I hope im posting this in the right place   My washer wont take my fabric conditioner   Im not suer its even doing a full rinse coz im always busy when it on   I know i over work it but its only just over a yr old so shouldnt be giving up yet  
Anyone have any ideas on why? I have pulled out the draw and given it a good clean.


----------



## kate28 (Jan 22, 2008)

no idea if right place to post  
BUT i have the exact same problem,   i cant get it to go in the confort section so started puting it in the washing section and using tablets in machine
would be good to know how to clear it!!!


----------



## TwiceBlessed (Nov 8, 2006)

I gave up on the drawer and use the containers you put in with the wash instead....mine did the same but with the washing liquid!


----------



## *~Nic~* (Aug 1, 2005)

This happened to me.

It was where the water sprays in from above it that was blocked in mine water not coming through to flush the conditioner through - I got a toothbrush (old one!!!! ) and cleaned it with that and it works again now.

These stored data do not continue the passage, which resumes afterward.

-- ===== src/Tree/Insert.antt =====
-- `treeBranchInsert` for any comparison: what the insertion of a new node does to every search.
use okscada.Prelude.{
  ℕ, ◌<◌, ◌≡◌, refl, sym, ◌∙◌, ◌≢◌, ◌⊎◌, inl, inr, true, length, get_or, set, arith, ==_false, some,
  none, length-set, get_or-set_self, get_or-set_ne,
}
use native.Mathlib.Decide.{ℕ_discrete}
use okscada.Tree.{Tree, descend, insert_at}
use okscada.Tree.Walk.{TreeNode, node, Outcome, hit, miss, lost, found, nchars, no_links}
use okscada.Tree.Walk.Links.{LinksUp, HasFuel-root, walk-ne-lost, walk-Matches, walk-agree}
use okscada.Tree.Walk.Insert.{
  Extends, Extends-LinksUp, walk-other, walk_self, new_found, missed_from, walk_null,
}
use okscada.Tree.Walk.Append.{
  appended, appended-Extends, length-appended, walk-appended, walk-EndsAt, hung_at, hung-Extends,
  link-hung,
}

-- The links lead upwards, and each of the 256 root slots is empty or leads into the array.
pub record IsSound (t : Tree) : Type 0 where
  pub up : LinksUp t.e_arr
  pub root_size : length t.root ≡ nchars
  pub roots : (l : ℕ) → l < nchars → get_or t.root l 0 < length t.e_arr

-- `u` is `t` with node `n` behind it: `probe` from `slot` finds the node, and every comparison that
-- the node does not match finds what it found before.
pub record Inserted (probe : ℕ → ℕ → ℕ) (t u : Tree) (slot : ℕ) (n : TreeNode) : Type 0 where
  pub sound : IsSound u
  pub extends : Extends t.e_arr u.e_arr n
  pub self : found (descend probe u slot) ≡ some (length t.e_arr)
  pub others :
      (q : ℕ → ℕ → ℕ) (s : ℕ)
      → s < nchars
      → q n.key n.len ≢ 0
      → found (descend q u s) ≡ found (descend q t s)
  pub same_fence : u.fence ≡ t.fence
  pub same_bad : u.bad ≡ t.bad
  pub same_buf : u.s_buf ≡ t.s_buf

pub descend-ne-lost :
    (q : ℕ → ℕ → ℕ) (t : Tree) (s : ℕ) → IsSound t → s < nchars → descend q t s ≢ lost
descend-ne-lost q t s v h =
    walk-ne-lost q t.e_arr v.up (length t.e_arr) (get_or t.root s 0) 0 0 0
      (HasFuel-root t.e_arr (get_or t.root s 0) v.up.nonempty (v.roots s h))

missed :
    (w : Outcome)
    → w ≢ lost
    → found w ≡ none
    → (pno : ℕ) × (k : ℕ) × (lev : ℕ) × (w ≡ miss pno k lev)
missed (hit i lev) h e = cc
missed (miss pno k lev) h e = (pno, k, lev, refl)
missed lost h e = absurd (h refl)

module _ (t : Tree) (n : TreeNode) (v : IsSound t) (f : n.link ≡ no_links) (slot : ℕ)
    (h : slot < nchars) where
  abbrev with_node : Tree
  with_node = record t { e_arr = appended t.e_arr n }

  -- The walk of the insertion, over the array that holds the new node, is the walk of the search.
  pub descend-appended :
      (q : ℕ → ℕ → ℕ) (s : ℕ) → s < nchars → descend q with_node s ≡ descend q t s
  descend-appended q s m = rw (length-appended t.e_arr n) (
      walk-appended t.e_arr n q v.up (length t.e_arr) (get_or t.root s 0) 0 0 0
        (HasFuel-root t.e_arr (get_or t.root s 0) v.up.nonempty (v.roots s m)))

  module _ (u : Tree) (x : Extends t.e_arr u.e_arr n) where
    roots-Extends :
        (s : ℕ)
        → s < nchars
        → (get_or u.root s 0 ≡ get_or t.root s 0) ⊎ (get_or u.root s 0 ≡ length t.e_arr)
        → get_or u.root s 0 < length u.e_arr
    roots-Extends s m (inl e) = omega (arith, v.roots s m, x.size)
    roots-Extends s m (inr e) = omega (arith, x.size)

    descend_same :
        (q : ℕ → ℕ → ℕ) (s : ℕ)
        → s < nchars
        → q n.key n.len ≢ 0
        → get_or u.root s 0 ≡ get_or t.root s 0
        → found (descend q u s) ≡ found (descend q t s)
    descend_same q s m ne e =
        rw (x.size, e)
          (walk-other t.e_arr u.e_arr n v.up x q (length t.e_arr) (get_or t.root s 0) 0 0 0 0 0 0 ne
            (HasFuel-root t.e_arr (get_or t.root s 0) v.up.nonempty (v.roots s m)))

    descend_new :
        (q : ℕ → ℕ → ℕ) (s : ℕ)
        → q n.key n.len ≢ 0
        → get_or u.root s 0 ≡ length t.e_arr
        → get_or t.root s 0 ≡ 0
        → found (descend q u s) ≡ found (descend q t s)
    descend_new q s ne e z =
        rw (x.size) (
          missed_from t.e_arr u.e_arr n v.up x q (length t.e_arr) (get_or u.root s 0) 0 0 0 ne
            v.up.nonempty e)
        ∙ sym (walk_null t.e_arr u.e_arr n v.up x q t.e_arr (length t.e_arr) _ 0 0 0 z)

  abbrev rooted : Tree
  rooted = record with_node { root = set t.root slot (length t.e_arr) }

  root-rooted_self : get_or rooted.root slot 0 ≡ length t.e_arr
  root-rooted_self = get_or-set_self t.root slot _ 0 (omega (arith, v.root_size))

  root-rooted_ne : (s : ℕ) → slot ≢ s → get_or rooted.root s 0 ≡ get_or t.root s 0
  root-rooted_ne s ne = get_or-set_ne t.root slot s _ 0 ne

  rooted_roots :
      (s : ℕ)
      → (get_or rooted.root s 0 ≡ get_or t.root s 0) ⊎ (get_or rooted.root s 0 ≡ length t.e_arr)
  rooted_roots s = elim (ℕ_discrete slot s) [
    | yes e ↦ inr (rw (← e) root-rooted_self)
    | no ne ↦ inl (root-rooted_ne s ne)
  ]

  rooted_others :
      get_or t.root slot 0 ≡ 0
      → (q : ℕ → ℕ → ℕ) (s : ℕ) → s < nchars
      → q n.key n.len ≢ 0
      → found (descend q rooted s) ≡ found (descend q t s)
  rooted_others z q s m ne = elim (ℕ_discrete slot s) [
    | yes e ↦
        descend_new rooted (appended-Extends t.e_arr n f) q s ne (rw (← e) root-rooted_self)
          (rw (← e) z)
    | no d ↦ descend_same rooted (appended-Extends t.e_arr n f) q s m ne (root-rooted_ne s d)
  ]

  rooted-Inserted :
      (probe : ℕ → ℕ → ℕ)
      → probe n.key n.len ≡ 0
      → get_or t.root slot 0 ≡ 0
      → Inserted probe t rooted slot n
  rooted-Inserted probe m z =
      let x = appended-Extends t.e_arr n f in
      record {
        sound = record {
          up = Extends-LinksUp t.e_arr rooted.e_arr n v.up x;
          root_size = length-set t.root slot (length t.e_arr) ∙ v.root_size;
          roots = λ s l. roots-Extends rooted x s l (rooted_roots s);
        };
        extends = x;
        self =
            rw (length-appended t.e_arr n, root-rooted_self)
              (new_found t.e_arr rooted.e_arr n v.up x probe (length t.e_arr) 0 0 0 m);
        others = rooted_others z;
        same_fence = refl;
        same_bad = refl;
        same_buf = refl;
      }

  abbrev hung : ℕ → ℕ → ℕ → Tree
  hung pno k m = record t { e_arr = hung_at t.e_arr n pno k; max_lev = m }

  hung-Inserted :
      (probe : ℕ → ℕ → ℕ) (pno k lev m : ℕ)
      → probe n.key n.len ≡ 0
      → get_or t.root slot 0 ≢ 0
      → descend probe t slot ≡ miss pno k lev
      → Inserted probe t (hung pno k m) slot n
  hung-Inserted probe pno k lev m p nz w =
      let start = HasFuel-root t.e_arr (get_or t.root slot 0) v.up.nonempty (v.roots slot h) in
      let ends =
        walk-EndsAt probe t.e_arr v.up (length t.e_arr) (get_or t.root slot 0) 0 0 0 pno k lev nz
          start w in
      let x = hung-Extends t.e_arr n v.up pno k ends f in
      record {
        sound = record {
          up = Extends-LinksUp t.e_arr (hung_at t.e_arr n pno k) n v.up x;
          root_size = v.root_size;
          roots = λ s l. roots-Extends (hung pno k m) x s l (inl refl);
        };
        extends = x;
        self = rw (x.size) (
            walk_self t.e_arr (hung_at t.e_arr n pno k) n v.up x probe (length t.e_arr)
              (get_or t.root slot 0) 0 0 0 pno k lev p nz start w
              (link-hung t.e_arr n v.up pno k ends));
        others = λ q s l ne. descend_same (hung pno k m) x q s l ne refl;
        same_fence = refl;
        same_bad = refl;
        same_buf = refl;
      }

  -- Where the search has found nothing, the insertion succeeds.
  pub insert_at-Inserted :
      (probe : ℕ → ℕ → ℕ)
      → probe n.key n.len ≡ 0
      → found (descend probe t slot) ≡ none
      → let (u, rc) = insert_at probe with_node slot (length t.e_arr) in
        Inserted probe t u slot n × (rc ≡ true)
  insert_at-Inserted probe p e = elim (ℕ_discrete (get_or t.root slot 0) 0) [
    | yes z ↦ rw z (rooted-Inserted probe p z, refl)
    | no nz ↦
        let (pno, k, lev, w) = missed (descend probe t slot) (descend-ne-lost probe t slot v h) e in
        rw (==_false _ 0 nz, descend-appended probe slot h, w)
          (hung-Inserted probe pno k lev _ p nz w, refl)
  ]

pub descend-Matches :
    (q : ℕ → ℕ → ℕ) (t : Tree) (s j : ℕ)
    → IsSound t
    → s < nchars
    → found (descend q t s) ≡ some j
    → (0 < j) × (j < length t.e_arr) × (q (node t.e_arr j).key (node t.e_arr j).len ≡ 0)
descend-Matches q t s j v h e =
    walk-Matches q t.e_arr v.up (length t.e_arr) (get_or t.root s 0) 0 0 0 j
      (HasFuel-root t.e_arr (get_or t.root s 0) v.up.nonempty (v.roots s h)) e

pub descend-agree :
    (p q : ℕ → ℕ → ℕ) (t : Tree) (s : ℕ)
    → IsSound t
    → ((i : ℕ)
        → 0 < i
        → i < length t.e_arr
        → p (node t.e_arr i).key (node t.e_arr i).len ≡ q (node t.e_arr i).key (node t.e_arr i).len)
    → s < nchars
    → descend p t s ≡ descend q t s
descend-agree p q t s v same h =
    walk-agree p q t.e_arr v.up same (length t.e_arr) (get_or t.root s 0) 0 0 0
      (HasFuel-root t.e_arr (get_or t.root s 0) v.up.nonempty (v.roots s h))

Hopefully its something easy like that in yours.

x


----------



## professor waffle (Apr 23, 2005)

My new one won't take concentrated conditioner as it's too thick, they recc watering it down before you put it in the drawer - mebbe that might help?


----------



## sallyanne1 (Oct 23, 2006)

I have sorted it   The holes that pump the water out into that part were blocked up   I got a dart and poked out the holes while getting wet as the washer was running at the time   But its done wooohooo.


----------



## DizziSquirrel (Feb 15, 2005)

This is the exact right place to post


----------



## kate28 (Jan 22, 2008)

armed with an old toothbrush i have sent my dh to see if he can unblock spray pipe


----------



## sallyanne1 (Oct 23, 2006)

kate28 said:


> armed with an old toothbrush i have sent my dh to see if he can unblock spray pipe


 Oh didnt think of using dh's toothbrush


----------



## *~Nic~* (Aug 1, 2005)

Sallyanne       

Glad you got it sorted!

x


----------